You must be joking !:shock:


----------



## XxXequinegrlXxX (May 24, 2008)

i agree with what everyone else has said and i really appreciate how you have such an open mind about this horse!  
i would say keep looking
and im sorry he may not work out! (hugs)


----------



## JustDressageIt (Oct 4, 2007)

Awe Blu, I'm so sorry that this horse looks lame... other than the movement, this is the kind of horse I had pictured for you - very pretty and very broke - a packer that you'd be able to work with and build your confidence.
The horse looks very stiff even when in-hand, however a rider can make a horse look sore if they are too restricting through their own bodies.
The horse definitely "wings" with its front left, and it looks to be coming from the shoulder instead of just being a slight fault. 
Very stiff movement - absolutely no "go" in sight - now, again, a rider can make a horse look more sore than it is... if the owner is willing to pay for your vet check, then by all means get the vet check done, as long as you pick the vet... but I'm pretty sure the vet will come back with exactly what everyone here has said - he's most likely lame. Do not pay for the vet check yourselves, I'm 90% sure this horse is lame, but it's worth a check if you can get the owners to pay for it, and you use the vet of your choice.

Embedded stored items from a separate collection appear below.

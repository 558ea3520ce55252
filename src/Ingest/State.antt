-- ===== src/Ingest/State.antt =====
-- The configuration, states and outcomes of the ingestor (src/ingest/src/lib.rs).
use codex_warden.Prelude.{
  ℕ, Bool, true, false, String, Option, none, some, get_or, [], Map, lookup, string_eq,
}
use codex_warden.Control.Client.{Client, RequestError}
use codex_warden.Reducer.State.{ReducerState}
use codex_warden.Store.State.{Inner}

-- Times in milliseconds.
pub record IngestConfig : Type 0 where
  pub reconcile_page_size : ℕ
  pub reconcile_page_bound : ℕ
  pub reconcile_candidate_limit : ℕ
  pub subscription_cap : ℕ
  pub resume_retry_limit : ℕ
  pub retry_delay : ℕ
  pub release_idle_subscriptions : Bool
  pub reactivation_verified : Bool

abbrev pub default_ingest : IngestConfig
default_ingest = record {
  reconcile_page_size = 50;
  reconcile_page_bound = 4;
  reconcile_candidate_limit = 200;
  subscription_cap = 512;
  resume_retry_limit = 8;
  retry_delay = 250;
  release_idle_subscriptions = false;
  reactivation_verified = false;
}

pub data DiscoverySource : Type 0 where
  thread_started activation_status reconciliation : DiscoverySource

pub data SubscriptionState : Type 0 where
  unseen : SubscriptionState
  subscribing : DiscoverySource → ℕ → SubscriptionState
  subscribed : SubscriptionState
  retry_wait : ℕ → SubscriptionState
  ephemeral capacity_degraded released : SubscriptionState
  failed : String → SubscriptionState

pub data DiscoveryOutcome : Type 0 where
  subscribed already_managed ephemeral capacity_degraded : DiscoveryOutcome
  failed : String → DiscoveryOutcome

pub data IngestError (V : Type 0) : Type 0 where
  request : RequestError V → IngestError V
  malformed_list : IngestError V

-- The ingestor with the parts of the reducer and of the store that it writes.
pub record ThreadIngestor (V : Type 0) : Type 0 where
  pub client : Client V
  pub reducer : ReducerState V
  pub config : IngestConfig
  pub states : Map String SubscriptionState
  pub watermark : ℕ
  pub reactivation_verified : Bool
  pub store : Option (Inner V)

module _ {V : Type 0} where
  abbrev pub new_ingestor : Client V → ReducerState V → IngestConfig → ThreadIngestor V
  new_ingestor client reducer config = record {
    client = client;
    reducer = reducer;
    config = config;
    states = [];
    watermark = 0;
    reactivation_verified = config.reactivation_verified;
    store = none;
  }

  abbrev pub with_store : Inner V → ThreadIngestor V → ThreadIngestor V
  with_store store i = record i { store = some store }

  unfoldable pub state : String → ThreadIngestor V → SubscriptionState
  state thread_id i = get_or (lookup thread_id i.states) SubscriptionState.unseen

  abbrev pub set_reactivation_verified : Bool → ThreadIngestor V → ThreadIngestor V
  set_reactivation_verified verified i = record i { reactivation_verified = verified }

-- `Subscribed`, `Subscribing` or `RetryWait`
abbrev pub is_managed : SubscriptionState → Bool
is_managed SubscriptionState.subscribed = true
is_managed (SubscriptionState.subscribing source attempt) = true
is_managed (SubscriptionState.retry_wait attempt) = true
is_managed SubscriptionState.unseen = false
is_managed SubscriptionState.ephemeral = false
is_managed SubscriptionState.capacity_degraded = false
is_managed SubscriptionState.released = false
is_managed (SubscriptionState.failed detail) = false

As for the price, I've said it once, I'll say it again - a horse is only worth what someone is willing to pay for it. A LOT of people have been duped (hehe - sorry, that's part of my gelding's reg'd name) by sellers saying "well, this horse is worth $20,000! But I like you... I'll sell him to you for $3000." 9 times out of 10, the seller has tried selling the horse for said $20k, but can't get it... in fact, they've dropped the price so much, they're considering an offer that is a fraction of the initial asking price. So don't let that get you - I know you're a smart cookie though!! Denny, my OTTB, was sold as a yearling for around $30,000 - I know I overpaid for him as a 7 year old for $2500... just to give you perspective.

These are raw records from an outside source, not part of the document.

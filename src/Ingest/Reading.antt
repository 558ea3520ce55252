-- ===== src/Ingest/Reading.antt =====
-- What the ingestor reads out of JSON values (src/ingest/src/lib.rs).
use Prim.Native.Char.{Char, code}
use Prim.Native.String.{char_at, [] as empty_text, ◌∷◌ as char_cons}
use codex_warden.Prelude.{
  ℕ, ◌+◌, ◌-◌, ◌*◌, ℤ, Bool, false, not, ◌&&◌, ◌||◌, String, Option, none, some, and_then, or_else,
  is_some_and, find?, any, reverse, ◌==◌, string_eq, nat_eq, option_eq, leb, ltb, if◌then◌else◌,
  word_mod,
}
use codex_warden.Protocol.Json.{Json}
use codex_warden.Protocol.Frame.{contains}
use codex_warden.Protocol.Event.{get_str}
use codex_warden.Reducer.Subscribe.{is_terminal, open_turn}

-- `to_ascii_lowercase`
abbrev lower_char : Char → Char
lower_char c =
    if leb 65 (code c) && leb (code c) 90
    then char_at "abcdefghijklmnopqrstuvwxyz" (code c - 65)
    else c

unfoldable pub to_ascii_lowercase : String → String
to_ascii_lowercase empty_text = empty_text
to_ascii_lowercase (char_cons c s) = char_cons (lower_char c) (to_ascii_lowercase s)

-- `str::parse::<u64>`: digits behind a plus sign, if there is one, of a value that a word can hold.
unfoldable pub parse_digits : ℕ → String → Option ℕ
parse_digits n empty_text = some n
parse_digits n (char_cons c s) =
    let rest = parse_digits (n * 10 + (code c - 48)) s in
    if leb 48 (code c) && leb (code c) 57 then rest else none

abbrev pub unsigned : String → String
unsigned empty_text = empty_text
unsigned (char_cons c s) = if code c == 43 then s else char_cons c s

unfoldable pub parse_u64 : String → Option ℕ
unfolding parse_digits
parse_u64 s =
    if unsigned s == ""
    then none
    else and_then (parse_digits 0 (unsigned s)) λ n. if ltb n word_mod then some n else none

module _ {V : Type 0} (J : Json V) where
  open J use {get, as_str, as_u64, as_i64, as_array, to_string}

  unfoldable pub status_type : Option V → Option String
  status_type params =
      and_then params
        λ p. and_then (get p "status") λ status. or_else (get_str J status "type") (as_str status)

  unfoldable pub in_flight_turn_id : V → Option String
  unfolding open_turn
  in_flight_turn_id thread = and_then (and_then (get thread "turns") as_array) λ turns.
      and_then (find? (λ turn. not (is_terminal J turn)) (reverse turns))
        λ turn. get_str J turn "id"

  unfoldable pub thread_is_active : V → Bool
  thread_is_active thread =
      option_eq.beq (and_then (get thread "status") (λ status. get_str J status "type"))
        (some "active")
      || is_some_and (and_then (get thread "turns") as_array)
          (any (λ turn. not (is_terminal J turn)))

  unfoldable pub numeric_timestamp : Option V → Option ℕ
  unfolding parse_u64
  numeric_timestamp value = and_then value λ v. or_else (as_u64 v) (and_then (as_str v) parse_u64)

  unfoldable pub is_ephemeral_error : V → Bool
  unfolding to_ascii_lowercase contains
  is_ephemeral_error error =
      let text = to_ascii_lowercase (to_string error) in
      contains text "ephemeral" || contains text "rollout" || contains text "not found"

  -- -32001
  abbrev pub is_overload_code : ℤ → Bool
  is_overload_code (ℤ.pos n) = false
  is_overload_code (ℤ.negsuc n) = n == 32000

  unfoldable pub is_retryable_server_error : V → Bool
  unfolding to_ascii_lowercase contains
  is_retryable_server_error error =
      let text = to_ascii_lowercase (to_string error) in
      is_some_and (and_then (get error "code") as_i64) is_overload_code
      && (contains text "overload" || contains text "retry" || contains text "transient")
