-- ===== src/Ingest/Discover.antt =====
-- `discover` and `handle_signal` (src/ingest/src/lib.rs). Each runs to its end with no other call
-- in between; `none` while it waits for an answer that does not come.
use codex_warden.Prelude.{
  ℕ, ◌+◌, true, ◌&&◌, ◌||◌, String, Option, none, some, and_then, is_some_and, List, [], ◌∷◌, Map,
  lookup, insert, ok, err, ltb, leb, ◌==◌, string_eq, option_eq, if◌then◌else◌, length, filter,
}
use codex_warden.Protocol.Json.{Json}
use codex_warden.Protocol.Frame.{params}
use codex_warden.Protocol.Event.{SequencedEvent, event_method}
use codex_warden.Reducer.Subscribe.{
  begin_subscription, finish_subscription, cancel_subscription, reconcile_thread,
}
use codex_warden.Store.State.{StoreConfig}
use codex_warden.Store.Prune.{record_reconstructed_active_turn}
use codex_warden.Control.Client.{RequestError, Answer, note_request, request}
use codex_warden.Ingest.State.{
  DiscoverySource, SubscriptionState, DiscoveryOutcome, ThreadIngestor, is_managed,
}
use codex_warden.Ingest.Reading.{
  status_type, in_flight_turn_id, is_ephemeral_error, is_retryable_server_error,
}

-- the number of threads that hold a subscription, or are about to
unfoldable pub retained : Map String SubscriptionState → ℕ
retained states = length (filter (λ (id, s). is_managed s) states)

-- What the loop does at an error: another attempt, or an outcome with the state that it leaves.
pub data Verdict : Type 0 where
  again : Verdict
  ended : DiscoveryOutcome → SubscriptionState → Verdict

module _ {V : Type 0} where
  abbrev pub set_state : String → SubscriptionState → ThreadIngestor V → ThreadIngestor V
  set_state thread_id s i = record i { states = insert thread_id s i.states }

  -- The block of `discover` under the lock: an outcome that ends the call, or none; and the states.
  unfoldable pub claim :
      String → DiscoverySource → ThreadIngestor V → Option DiscoveryOutcome × ThreadIngestor V
  unfolding retained
  claim thread_id source i =
      if is_some_and (lookup thread_id i.states) is_managed
      then (some DiscoveryOutcome.already_managed, i)
      else if leb i.config.subscription_cap (retained i.states)
      then (
        some DiscoveryOutcome.capacity_degraded,
        set_state thread_id SubscriptionState.capacity_degraded i,
      )
      else (none, set_state thread_id (SubscriptionState.subscribing source 1) i)

  -- The state during a pause and after it.
  unfoldable pub pause : String → DiscoverySource → ℕ → ThreadIngestor V → ThreadIngestor V
  pause thread_id source attempt i =
      set_state thread_id (SubscriptionState.subscribing source attempt)
        (set_state thread_id (SubscriptionState.retry_wait attempt) i)

  -- The end of a discovery that failed.
  abbrev pub give_up : String → SubscriptionState → ThreadIngestor V → ThreadIngestor V
  give_up thread_id s i =
      let marked = set_state thread_id s i in
      record marked { reducer = cancel_subscription thread_id marked.reducer }

module _ {V : Type 0} (J : Json V) (error_text : RequestError V → String) where
  abbrev pub failing : RequestError V → Verdict
  failing e =
      ended (DiscoveryOutcome.failed (error_text e)) (SubscriptionState.failed (error_text e))

  unfoldable pub judge : (limit attempt : ℕ) → RequestError V → Verdict
  unfolding is_ephemeral_error is_retryable_server_error
  judge limit attempt (RequestError.not_written d) =
      if ltb attempt limit then again else failing (RequestError.not_written d)
  judge limit attempt (RequestError.rejected m e) =
      if (is_ephemeral_error J e || is_retryable_server_error J e) && ltb attempt limit
      then again
      else if is_ephemeral_error J e
      then ended DiscoveryOutcome.ephemeral SubscriptionState.ephemeral
      else failing (RequestError.rejected m e)
  judge limit attempt (RequestError.written_outcome_unknown i m d) =
      failing (RequestError.written_outcome_unknown i m d)
  judge limit attempt (RequestError.timed_out m) = failing (RequestError.timed_out m)
  judge limit attempt RequestError.closed = failing RequestError.closed

  -- The loop of `discover` on the answers to come: the outcome that ends the call, or none where
  -- the thread was resumed.
  unfoldable pub resume_loop :
      String
      → DiscoverySource
      → (attempt : ℕ) → List (Answer V)
      → ThreadIngestor V
      → Option (Option DiscoveryOutcome × ThreadIngestor V)
  unfolding judge pause
  resume_loop thread_id source attempt [] i = none
  resume_loop thread_id source attempt (answer ∷ rest) i =
      let asked = record i {
        client =
            note_request "thread/resume" (J.object (("threadId", J.string thread_id) ∷ [])) rest
              i.client;
      } in
      let retried =
        resume_loop thread_id source (attempt + 1) rest
          (pause thread_id source (attempt + 1) asked) in
      elim answer [
        | ok response ↦ some (none, asked)
        | err e ↦ elim (judge i.config.resume_retry_limit attempt e) [
          | again ↦ retried
          | ended outcome s ↦ some (some outcome, give_up thread_id s asked)
        ]
      ]

module _ {V : Type 0} (J : Json V) (error_text : RequestError V → String)
    (to_vec_len : SequencedEvent V → Option ℕ) (order : Map String ℕ → Map String ℕ)
    (store_config : StoreConfig) (elapsed now : ℕ) where
  -- The anchor of a turn in flight, where a store is attached; `none` where recording fails.
  unfoldable pub anchor : String → Option String → ThreadIngestor V → Option (ThreadIngestor V)
  unfolding record_reconstructed_active_turn
  anchor thread_id none i = some i
  anchor thread_id (some turn_id) i = elim i.store [
    | none ↦ some i
    | some inner ↦
        and_then
          (record_reconstructed_active_turn to_vec_len J order store_config i.reducer.at_sequence
            elapsed now thread_id turn_id inner)
          λ (inner', recorded). some (record i { store = some inner' })
  ]

  -- what follows the answer to the read behind a resume
  unfoldable pub read_back : String → Answer V → ThreadIngestor V → Option (ThreadIngestor V)
  unfolding anchor reconcile_thread in_flight_turn_id
  read_back thread_id (err e) i = some i
  read_back thread_id (ok response) i = elim (J.get response "thread") [
    | none ↦ some i
    | some thread ↦
        anchor thread_id (in_flight_turn_id J thread)
          (record i { reducer = reconcile_thread J thread i.reducer })
  ]

  -- the rest of `discover` once the thread is resumed
  unfoldable pub subscribe :
      String → ThreadIngestor V → Option (DiscoveryOutcome × ThreadIngestor V)
  unfolding read_back finish_subscription request
  subscribe thread_id i =
      let held =
        set_state thread_id SubscriptionState.subscribed
          (record i { reducer = finish_subscription thread_id i.reducer }) in
      and_then
        (request "thread/read"
          (J.object (("threadId", J.string thread_id) ∷ ("includeTurns", J.bool true) ∷ []))
          held.client)
        λ (answer, client).
          and_then (read_back thread_id answer (record held { client = client }))
            λ done. some (DiscoveryOutcome.subscribed, done)

  -- The rest of `discover` behind the lock.
  unfoldable pub proceed :
      String
      → DiscoverySource
      → Option DiscoveryOutcome × ThreadIngestor V
      → Option (DiscoveryOutcome × ThreadIngestor V)
  unfolding resume_loop subscribe begin_subscription
  proceed thread_id source (some outcome, claimed) = some (outcome, claimed)
  proceed thread_id source (none, claimed) =
      let begun = record claimed { reducer = begin_subscription thread_id claimed.reducer } in
      and_then (resume_loop J error_text thread_id source 1 begun.client.answers begun)
        λ (failure, next). elim failure [
          | some outcome ↦ some (outcome, next)
          | none ↦ subscribe thread_id next
        ]

  unfoldable pub discover :
      String → DiscoverySource → ThreadIngestor V → Option (DiscoveryOutcome × ThreadIngestor V)
  unfolding claim proceed
  discover thread_id source i = proceed thread_id source (claim thread_id source i)

  -- The source of a discovery that a signal starts.
  unfoldable pub signal_source : String → Option String → Option DiscoverySource
  signal_source method status =
      if method == "thread/started"
      then some DiscoverySource.thread_started
      else if method == "thread/status/changed" && option_eq.beq status (some "active")
      then some DiscoverySource.activation_status
      else none

  -- The outcome, if the event starts a discovery, and the ingestor.
  unfoldable pub handle_signal :
      SequencedEvent V → ThreadIngestor V → Option (Option DiscoveryOutcome × ThreadIngestor V)
  unfolding discover status_type signal_source
  handle_signal e i = elim e.thread_id [
    | none ↦ some (none, i)
    | some thread_id ↦ elim (event_method e) [
      | none ↦ some (none, i)
      | some method ↦ elim (signal_source method (status_type J (params e.frame))) [
        | none ↦ some (none, i)
        | some source ↦
            and_then (discover thread_id source i) λ (outcome, next). some (some outcome, next)
      ]
    ]
  ]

Hun, you'll find the right horse for you, sorry it's such a PITA. 

By the way, you handled the news very well, I'm proud of you


----------



## BluMagic (Sep 23, 2007)

Awww! Thanks JDI. You always know what to say and how to say it!!

I am proud of you for being proud of me! Haha. Man, I love this place! I think one thing that makes me so open is having Blu. We got him and literally knew NOTHING about him. I dedicated my time to him, however, I haven't really accomplished what I need to. I've gotten some emails about Blu but most are for kids wanting a barrel horse. Big no no! Blu has the potential to be a barrel horse and he is great around kids....BUT kids don't ride him. Unless I'm there, you know. I'm so touchy about people riding my horses. Better than saying here take him! If you fall off its not my fault! 

I love you guys!!!! (HUGS) Excuse my loving of this forum. Hehehe


----------



## NewHeart (Dec 10, 2008)

Jillyann said:


> wow, thats a good price for him, by the looks of it!
> 
> hope you get him! and keep us posted if you do! =)


I don't think we watched the same video?


----------